3. Creation of the Training Set and Training Process

To capture good driving behavior, the simulator was run on Windows 10 x64 using a PlayStation 4 controller to try and keep inputs smooth. Approximately 5-6 laps were run around the test (left) course, with 2 additional laps training for recovery, i.e.: one where I recorded driving going back to center from the right part of the track, and a similar one but from the left side. To avoid bias towards straight driving, 5-6 more laps were run around the track, but in the opposite direction. Here is an example image of center lane driving:

Here are examples of left and right-side recovery, to teach the car what to do when it is too far left or right from the center of the road.
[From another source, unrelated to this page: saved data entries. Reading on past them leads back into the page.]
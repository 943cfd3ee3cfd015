-- ===== src/Graph/Tests.antt =====
-- A small graph, and the theorems about graphs at it.
use Prim.Native.String.{◌++◌ as text_append}
use covonaut.Base.{
  contains_iff, ◌||◌, ℕ, String, List, [], ◌∷◌, ◌≡◌, refl, ◌≢◌, true, ◌↔◌, arith, pos, count,
  concat, lookup, insert, delete, remove, contains, member, Map, Bool, false, subst, ap, none, some,
  if◌then◌else◌, ◌==◌,
}
use covonaut.Agentcore.Errors.{ok, err, plain, cycle_detected}
use covonaut.Agentcore.Step.{Step, run_step}
use covonaut.Graph.{
  Graph, ConditionalEdge, check_targets, add_conditional_edge, new_graph, node_exists, append_edges,
  add_node, add_edge,
}
use covonaut.Graph.WellFormed.{names, IsWf}
use covonaut.Graph.Built.{Built, start, node, edge, conditional_edge, Built-IsWf}
use covonaut.Graph.Topo.{
  CompileOptions, CompiledGraph, topo_sort, compiled, compile, degrees_of, ready, decrement_all,
  place, place_all, topo_rounds, zero_degrees, increment_all, in_degrees, reverse_targets,
  reverse_edges,
}
use covonaut.Graph.Topo.Orders.{as_is}
use covonaut.Graph.Topo.Layers.{IsLayered, HasCycle}
use covonaut.Graph.Topo.Acyclic.{IsRanked, compile_layers, compile_succeeds_iff, compile_cyclic_iff}
use covonaut.Graph.Run.{
  run_outputs, run, present, pick_input, join_from, join_outputs, node_input, get_node, mark_all,
  activate_successors, reached, launch, check_errors, commit, run_layer, run_layers, insert_sorted,
  sort_strings, terminal_names, find_terminal_output,
}
use covonaut.Graph.Run.Dataflow.{Solves, run_outputs-Solves}
use covonaut.Graph.Run.Progress.{CanRun, run-IsOk}

abbrev pub tag : String → Step
tag s input = ok (text_append input s)

-- The definitions that a run of the model computes with.
unfoldable pub program : Unit {0}
unfolding lookup insert delete remove contains new_graph node_exists add_node add_edge check_targets
    add_conditional_edge append_edges ready decrement_all place place_all topo_rounds topo_sort
    zero_degrees increment_all in_degrees degrees_of reverse_targets reverse_edges compiled compile
    present pick_input join_from join_outputs node_input get_node mark_all activate_successors
    reached launch check_errors commit run_layer run_layers insert_sorted sort_strings
    terminal_names find_terminal_output run_outputs run run_step
program = tt

abbrev pub sample_nodes : Map Step
sample_nodes = ("a", tag "a") ∷ ("b", tag "b") ∷ ("c", tag "c") ∷ []

abbrev pub with_edges : Map (List String) → Graph
with_edges edges = record {
  nodes = sample_nodes;
  stream_nodes = [];
  edges = edges;
  conditional_edges = [];
}

-- a → b, a → c, b → c
abbrev pub sample : Graph
sample = with_edges (("a", "b" ∷ "c" ∷ []) ∷ ("b", "c" ∷ []) ∷ [])

-- a → b → a
abbrev looped : Graph
looped = with_edges (("a", "b" ∷ []) ∷ ("b", "a" ∷ []) ∷ [])

pub nodes-Built : Built (with_edges [])
unfolding program
nodes-Built =
    node "c" (tag "c") (node "b" (tag "b") (node "a" (tag "a") (start refl) refl) refl) refl

pub sample-Built : Built sample
unfolding program
sample-Built =
    edge {g = with_edges (("a", "b" ∷ "c" ∷ []) ∷ [])} "b" "c"
      (edge {g = with_edges (("a", "b" ∷ []) ∷ [])} "a" "c" (edge "a" "b" nodes-Built refl) refl)
      refl

looped-Built : Built looped
unfolding program
looped-Built =
    edge {g = with_edges (("a", "b" ∷ []) ∷ [])} "b" "a" (edge "a" "b" nodes-Built refl) refl

Built-IsWf_example : IsWf sample
Built-IsWf_example = Built-IsWf sample-Built

abbrev pub from_a : CompileOptions
from_a = record { entry_node = "a"; max_steps = pos 0 }

abbrev pub sample_compiled : CompiledGraph
sample_compiled = compiled from_a sample (("a" ∷ []) ∷ ("b" ∷ []) ∷ ("c" ∷ []) ∷ [])

pub compile-sample : compile as_is from_a sample ≡ ok sample_compiled
unfolding program
compile-sample = refl

compile-looped : compile as_is from_a looped ≡ err (plain cycle_detected)
unfolding program
compile-looped = refl

-- The run joins the inputs of c from a and b.
run-sample : run as_is sample_compiled ">" ≡ ok ">a\n---\n>abc"
unfolding program
run-sample = refl

known-a : node_exists sample "a" ≡ true
unfolding program
known-a = refl

known-looped : node_exists looped "a" ≡ true
unfolding program
known-looped = refl

a-ne-empty : from_a.entry_node ≢ ""
a-ne-empty e = cc

compile_layers_example :
    (sample_compiled.graph ≡ sample)
    × (sample_compiled.entry ≡ "a")
    × ((k : String) → count k (concat sample_compiled.sorted_layers) ≡ count k (names sample))
    × IsLayered sample.edges (names sample) [] sample_compiled.sorted_layers
unfolding compiled
compile_layers_example =
    compile_layers as_is from_a sample sample_compiled sample-Built compile-sample

compile_succeeds_iff_example :
    ((c : CompiledGraph) × (compile as_is from_a sample ≡ ok c))
    ↔ ((rank : String → ℕ) × IsRanked rank sample)
compile_succeeds_iff_example =
    compile_succeeds_iff as_is from_a sample sample-Built a-ne-empty known-a

compile_cyclic_iff_example :
    (compile as_is from_a looped ≡ err (plain cycle_detected))
    ↔ HasCycle looped.edges (names looped)
compile_cyclic_iff_example =
    compile_cyclic_iff as_is from_a looped looped-Built a-ne-empty known-looped

abbrev sample_outputs : Map String
sample_outputs = ("a", ">a") ∷ ("b", ">ab") ∷ ("c", ">a\n---\n>abc") ∷ []

run_outputs-sample : run_outputs as_is sample_compiled ">" ≡ ok (sample_outputs, 3)
unfolding program
run_outputs-sample = refl

member-c : member "c" sample_outputs ≡ true
unfolding lookup
member-c = refl

run_outputs-Solves_example : Solves sample_compiled ">" sample_outputs "c"
run_outputs-Solves_example =
    run_outputs-Solves as_is as_is from_a sample sample_compiled ">" sample_outputs 3 "c"
      sample-Built compile-sample run_outputs-sample (omega arith) member-c

abbrev to_c : ConditionalEdge
to_c = record { route = λ output. "c"; targets = "b" ∷ "c" ∷ [] }

-- a is followed by b or c, by its router always by c.
abbrev routed : Graph
routed = record (with_edges (("a", "b" ∷ "c" ∷ []) ∷ [])) { conditional_edges = ("a", to_c) ∷ [] }

routed-Built : Built routed
unfolding program
routed-Built = conditional_edge "a" (some (λ output. "c")) ("b" ∷ "c" ∷ []) nodes-Built refl

abbrev routed_compiled : CompiledGraph
routed_compiled = compiled from_a routed (("a" ∷ []) ∷ ("b" ∷ "c" ∷ []) ∷ [])

compile-routed : compile as_is from_a routed ≡ ok routed_compiled
unfolding program
compile-routed = refl

run-routed : run as_is routed_compiled ">" ≡ ok ">ac"
unfolding program
run-routed = refl

to_c-targets : contains to_c.targets "c" ≡ true
unfolding program
to_c-targets = refl

only_to_c :
    (b : Bool) {c : ConditionalEdge} (output : String)
    → (if b then some to_c else none) ≡ some c
    → contains c.targets (c.route output) ≡ true
only_to_c true output found =
    subst (λ c. contains c.targets (c.route output) ≡ true)
      (ap (λ o. elim o [ none ↦ to_c | some c ↦ c ]) found) to_c-targets
only_to_c false output found = cc

one_succeeds :
    (a b c : Bool) (input : String)
    → (a || (b || (c || false))) ≡ true
    → (out : String) × (run_step
          (elim (if a
            then some (tag "a")
            else if b
            then some (tag "b")
            else if c
            then some (tag "c")
            else none) [ some step ↦ some step | none ↦ none ])
          input
        ≡ ok out)
unfolding run_step
one_succeeds true b c input known = (_, refl)
one_succeeds false true c input known = (_, refl)
one_succeeds false false true input known = (_, refl)
one_succeeds false false false input known = cc

routed-CanRun : CanRun routed_compiled
unfolding program
routed-CanRun = record {
  succeed = λ name known input.
      one_succeeds ("a" == name) ("b" == name) ("c" == name) input
        ((contains_iff ("a" ∷ "b" ∷ "c" ∷ []) name).1 known);
  route = λ name c output found. only_to_c ("a" == name) output found;
}

run-IsOk_example : (out : String) × (run as_is routed_compiled ">" ≡ ok out)
unfolding compiled
run-IsOk_example =
    run-IsOk as_is as_is from_a routed routed_compiled ">" routed-Built compile-routed routed-CanRun
      (omega arith)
These images show what a recovery looks like, from the left and right sides of the road, respectively:

To augment the data set, I originally used the entire training set as a validation set, and instead used cropping, resizing, brightness changes, image translations, and horizontal flips, to create an entirely different training set using a Keras generator, all suggested by Vivek Yadav's Medium post. For example, here is the output of the generator for a batch size of 16:

After the collection process, I had 13698 data points, which tripled if you include left and right cameras.

I used this training data for training the model. I trained the model for a set number of epochs, while looking at the validation loss. I set to implement an early-stopping callback to the model so that it would stop training when the validation loss would stop decreasing, but did so manually instead.